I love dply, and I'm trying to learn about it more so I can integrate it into nushell. I think it would be awesome to have a datafusion set of commands behind a feature. I love what you've done with it and I'm especially envious of group_by() | summarize().

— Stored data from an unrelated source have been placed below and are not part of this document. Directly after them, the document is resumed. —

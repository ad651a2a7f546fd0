-- ===== src/Dfa/Build/Safety.antt =====
-- The construction of a DFA from a graph whose transitions stay among its states.
use mathlib.Core.List.Memᴰ
use mathlib.Core.List.{Memᴰ}
use tesla.Base.{
  Avoids-bind, Avoids-each_run, Avoids-if, Avoids-weaken, Fault, List, Run, Safe, Safe-read, [],
  arith, contains, exhausted, false, fault, get_elem?, inl, inr, length, not, ok, read, refl, some,
  suc, true, zero, ℕ, ◌++◌, ◌<◌, ◌∷◌, ◌≡◌,
}
use tesla.Automata.{GraphTransition, Label, equivalent, is_null, is_realisable}
use tesla.Automata.Graph.{Graph, GraphState, copy, out_of}
use tesla.Automata.Graph.Out.{out_of-mem}
use tesla.Automata.Graph.References.{Safe-after}
use tesla.Automata.Graph.Safety.{Copied, Valid, copy-Safe, no_states-Valid}
use tesla.Dfa.{Frontier, collect_frontier, collect_members, join_frontier, members_from}
use tesla.Dfa.Build.{
  Builder, Gather, Round, Unfinished, add_destination, all_out, construct_dfa, destinations,
  emit_state, finish_state, finish_states, first_builder, gather, new_transition,
  state_for_nfa_states, take_members, take_transition, take_transitions, while_unfinished,
}
use tesla.Dfa.Build.Closed.{Sized, state_for_nfa_states-Chosen}

abbrev Staying : ℕ → List GraphTransition → Type 0
Staying n ts = (t : GraphTransition) → Memᴰ t ts → t.to < n

abbrev Nothing : {A : Type 0} → A → Type 0
Nothing a = Unit {0}

-- In a round for the DFA state `ds`.
record InRound (ds : ℕ) (r : Round) : Type 0 where
  sized : Sized r.builder
  here : ds < length r.builder.graph.states

module _ (nfa : Graph) (v : Valid nfa) where
  abbrev width : ℕ
  width = length nfa.states

  out-Staying : (s : ℕ) → Staying width (out_of s nfa.transitions)
  out-Staying s t m = (v.inside t (out_of-mem s nfa.transitions t m).0).1

  frontier-Safe :
      (depth s : ℕ) (f : Frontier) → s < width → Safe (collect_frontier depth nfa s f) Nothing
  unfolding collect_frontier collect_members
  frontier-Safe zero s f h = inr (Fault.exhausted, refl, λ e. cc)
  frontier-Safe (suc depth) s f h =
      Avoids-bind (λ (state : GraphState). get_elem? nfa.states s ≡ some state) Nothing
        (read nfa.states s) _ (Safe-read nfa.states s h)
        λ state _.
          Avoids-each_run Nothing _ (out_of s nfa.transitions) (join_frontier s state f)
            (λ t f' m _.
              Avoids-if Nothing (is_null t.label) _ (ok f')
                (λ _.
                  Avoids-bind Nothing Nothing
                    (collect_frontier depth nfa t.to
                      (record { members = f'.members; start = true; final = true }))
                    _ (frontier-Safe depth t.to _ (out-Staying s t m)) (λ r _. inl (_, refl, tt)))
                (λ _. inl (f', refl, tt)))
            tt

  module _ (depth : ℕ) where
    gather-Safe :
        (l : Label) (t : GraphTransition) (a : Gather)
        → t.to < width
        → Safe (gather depth nfa l t a) Nothing
    unfolding gather add_destination
    gather-Safe l t a h =
        Avoids-if Nothing (equivalent t.label l) _ (ok a)
          (λ _. Safe-after Nothing (not (contains a.gathered t.address)) _ λ _.
            Avoids-bind Nothing Nothing (collect_frontier depth nfa t.to a.frontier) _
              (frontier-Safe depth t.to a.frontier h) (λ f _. inl (_, refl, tt)))
          (λ _. inl (a, refl, tt))

    destinations-Safe :
        (t : GraphTransition) (others : List GraphTransition) (r : Round)
        → t.to < width
        → Staying width others
        → Safe (destinations depth nfa t others r) Nothing
    unfolding destinations
    destinations-Safe t others r h stay =
        Avoids-bind Nothing Nothing (collect_frontier depth nfa t.to _) _
          (frontier-Safe depth t.to _ h)
          λ f _.
            Avoids-each_run Nothing (gather depth nfa t.label) others _
              (λ u a m _. gather-Safe t.label u a (stay u m)) tt

    module _ (ds : ℕ) where
      new_transition-Safe :
          (t : GraphTransition) (others : List GraphTransition) (r : Round)
          → t.to < width
          → Staying width others
          → InRound ds r
          → Safe (new_transition depth nfa ds t others r) (InRound ds)
      unfolding new_transition
      new_transition-Safe t others r h stay i =
          Avoids-bind Nothing (InRound ds) (destinations depth nfa t others r) _
            (destinations-Safe t others r h stay)
            λ a _.
              let c =
                state_for_nfa_states-Chosen a.frontier.members a.frontier.start a.frontier.final
                  r.builder i.sized in
              let (dest, b) =
                state_for_nfa_states a.frontier.members a.frontier.start a.frontier.final
                  r.builder in
              let here : ds < length b.graph.states = omega (arith, i.here, c.later.states_le) in
              Avoids-bind (Copied t.label b.graph) (InRound ds) (copy ds dest t false b.graph) _
                (copy-Safe ds dest b.graph c.later.sized.valid here c.inside t false)
                λ g k. inl (
                  _,
                  refl,
                  record {
                    sized = record {
                      valid = k.grows.valid;
                      count = omega (arith, c.later.sized.count, k.grows.states_le);
                    };
                    here = omega (arith, here, k.grows.states_le);
                  },
                )

      take_transition-Safe :
          (t : GraphTransition) (others : List GraphTransition) (r : Round)
          → t.to < width
          → Staying width others
          → InRound ds r
          → Safe (take_transition depth nfa ds t others r) (InRound ds)
      unfolding take_transition
      take_transition-Safe t others r h stay i =
          Avoids-if (InRound ds) (is_null t.label) (ok r) _ (λ _. inl (r, refl, i))
            λ _. Safe-after (InRound ds) (is_realisable t.label) _ λ _.
              Avoids-if (InRound ds) (contains r.finished_transitions t.address) (ok r) _
                (λ _. inl (r, refl, i)) (λ _. new_transition-Safe t others r h stay i)

      take_transitions-Safe :
          (ts later : List GraphTransition) (r : Round)
          → Staying width (ts ++ later)
          → InRound ds r
          → Safe (take_transitions depth nfa ds ts later r) (InRound ds)
      unfolding take_transitions
      take_transitions-Safe [] later r stay i = inl (r, refl, i)
      take_transitions-Safe (t ∷ ts) later r stay i =
          Avoids-bind (InRound ds) (InRound ds) (take_transition depth nfa ds t (ts ++ later) r) _
            (take_transition-Safe t (ts ++ later) r (stay t (Memᴰ.head refl))
              (λ u m. stay u (Memᴰ.tail m)) i)
            λ r' i'. take_transitions-Safe ts later r' (λ u m. stay u (Memᴰ.tail m)) i'

      all_out-Staying : (ss : List ℕ) → Staying width (all_out depth nfa ss)
      unfolding all_out
      all_out-Staying [] t m = absurd (Memᴰ.not-nil m)
      all_out-Staying (s ∷ ss) t m = elim (Memᴰ.append_cases (out_of s nfa.transitions) m) [
        | inl mine ↦ out-Staying s t mine
        | inr others ↦ all_out-Staying ss t others
      ]

      take_members-Safe :
          (ss : List ℕ) (r : Round)
          → InRound ds r
          → Safe (take_members depth nfa ds ss r) (InRound ds)
      unfolding take_members all_out
      take_members-Safe [] r i = inl (r, refl, i)
      take_members-Safe (s ∷ ss) r i =
          Avoids-bind (InRound ds) (InRound ds)
            (take_transitions depth nfa ds (out_of s nfa.transitions) (all_out depth nfa ss) _) _
            (take_transitions-Safe (out_of s nfa.transitions) (all_out depth nfa ss) _
              (all_out-Staying (s ∷ ss)) (record { sized = i.sized; here = i.here }))
            λ r' i'. take_members-Safe ss r' i'

    finish_state-Safe :
        (u : Unfinished) (b : Builder) → Sized b → Safe (finish_state depth nfa u b) Sized
    unfolding finish_state emit_state
    finish_state-Safe u b s =
        let c = state_for_nfa_states-Chosen u.members u.start u.final b s in
        let (ds, b') = state_for_nfa_states u.members u.start u.final b in
        Avoids-if Sized (contains b'.finished ds) (ok b') _ (λ _. inl (b', refl, c.later.sized))
          λ _.
            Avoids-bind (InRound ds) Sized (take_members depth nfa ds (members_from 0 u.members) _)
              _
              (take_members-Safe ds (members_from 0 u.members) _ (record {
                sized = record { valid = c.later.sized.valid; count = c.later.sized.count };
                here = c.inside;
              }))
              λ r i. inl (r.builder, refl, i.sized)

    while_unfinished-Safe :
        (again : Builder → Run Builder) (us : List Unfinished) (b : Builder)
        → Sized b
        → ((b' : Builder) → Sized b' → Safe (again b') Sized)
        → Safe (while_unfinished depth nfa again us b) Sized
    unfolding while_unfinished
    while_unfinished-Safe again [] b s next = inl (b, refl, s)
    while_unfinished-Safe again (u ∷ us) b s next =
        Avoids-bind Sized Sized (finish_state depth nfa u (record b { unfinished = us })) again
          (finish_state-Safe u (record b { unfinished = us })
            (record { valid = s.valid; count = s.count }))
          next

    finish_states-Safe :
        (rounds : ℕ) (b : Builder) → Sized b → Safe (finish_states depth nfa rounds b) Sized
    unfolding finish_states
    finish_states-Safe zero b s =
        while_unfinished-Safe (λ _. fault exhausted) b.unfinished b s
          (λ b' _. inr (Fault.exhausted, refl, λ e. cc))
    finish_states-Safe (suc rounds) b s =
        while_unfinished-Safe (finish_states depth nfa rounds) b.unfinished b s
          (finish_states-Safe rounds)

    -- The construction of a DFA from a graph that has a state, and all of whose transitions are
    -- between its states, not to the start state, and have addresses of their own, and whose states know
    -- each reference at its index, never reads a state or a reference that is not there. It ends with such a graph, or stops at an assertion or where the
    -- depth or the rounds are used up.
    pub construct_dfa-Valid :
        (rounds : ℕ)
        → 0 < length nfa.states
        → Safe (construct_dfa depth nfa rounds) (λ b. Valid b.graph)
    unfolding construct_dfa first_builder
    construct_dfa-Valid rounds some_state =
        Avoids-bind (λ (state : GraphState). get_elem? nfa.states 0 ≡ some state)
          (λ (b : Builder). Valid b.graph) (read nfa.states 0) _ (Safe-read nfa.states 0 some_state)
          λ first _.
            Avoids-bind Nothing (λ (b : Builder). Valid b.graph) (collect_frontier depth nfa 0 _) _
              (frontier-Safe depth 0 _ some_state)
              λ f _.
                Avoids-weaken Sized (λ (b : Builder). Valid b.graph)
                  (finish_states depth nfa rounds _)
                  (finish_states-Safe rounds _
                    (state_for_nfa_states-Chosen f.members f.start f.final (first_builder first)
                      (record { valid = no_states-Valid; count = omega arith })).later.sized)
                  (λ b s. s.valid)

Thank you @fdncred for suggesting this improvement, I have added a few time conversion functions so now it is possible to convert numbers to durations and durations to numbers (following lubridate R package):
〉json("buildtimes.json") |
::: mutate(date=ymd_hms(date)) |
::: group_by(commit) |
::: summarize(
::: min_date = min(date),
::: max_date = max(date),
::: startups = n(),
::: perf_datetime = mean(time)
::: ) |
::: mutate(perf_datetime=dnanos(perf_datetime)) |
::: arrange(min_date, max_date) |
::: relocate(perf_datetime) |
::: head(5)
:::
shape: (5, 5) elapsed: 0.007s
┌────────────────┬──────────────────────────────────────────┬─────────────────────────┬─────────────────────────┬────────────────┐
│ perf_datetime ┆ commit ┆ min_date ┆ max_date ┆ startups │
│ --- ┆ --- ┆ --- ┆ --- ┆ --- │
│ duration[ns] ┆ str ┆ datetime[ms] ┆ datetime[ms] ┆ i64 │
╞════════════════╪══════════════════════════════════════════╪═════════════════════════╪═════════════════════════╪════════════════╡
│ 0.120679900s ┆ 2bb0c1c618f961843b49432fb7a21304b41493af ┆ 2023-07-03T17:03:08.605 ┆ 2023-07-03T17:45:46.859 ┆ 2 │
│ 0.129605145s ┆ 406b606398bf18c98063fbe998a4d27f75067eef ┆ 2023-07-05T12:41:06.186 ┆ 2023-07-07T13:31:08.454 ┆ 40 │
│ 0.132144692s ┆ 8e38596bc9494357f01f166076e8d563f28016f3 ┆ 2023-07-07T13:35:20.692 ┆ 2023-07-10T15:42:42.746 ┆ 13 │
│ 0.184785800s ┆ cf36f052c46b6efe57500e3acb7f52d2d0cb8d2e ┆ 2023-07-12T15:10:55.382 ┆ 2023-07-12T19:23:46.223 ┆ 2 │
│ 0.136068100s ┆ b2043135ed956ead0d3b5d5df49ea9d929dc7120 ┆ 2023-07-12T20:56:26.198 ┆ 2023-07-13T20:14:08.484 ┆ 2 │
└────────────────┴──────────────────────────────────────────┴─────────────────────────┴─────────────────────────┴────────────────┘
It is not as nice as Nushell but it is an improvement :smile:
In #47, I learned how to open a json file, as long as it's jsonl/ndjson and named with a .json file extension. Now I have a int64 field that needs to be interpreted as a timestamp(nanoseconds). Is there a way to cast the field to some type of a duration or timestamp datatype?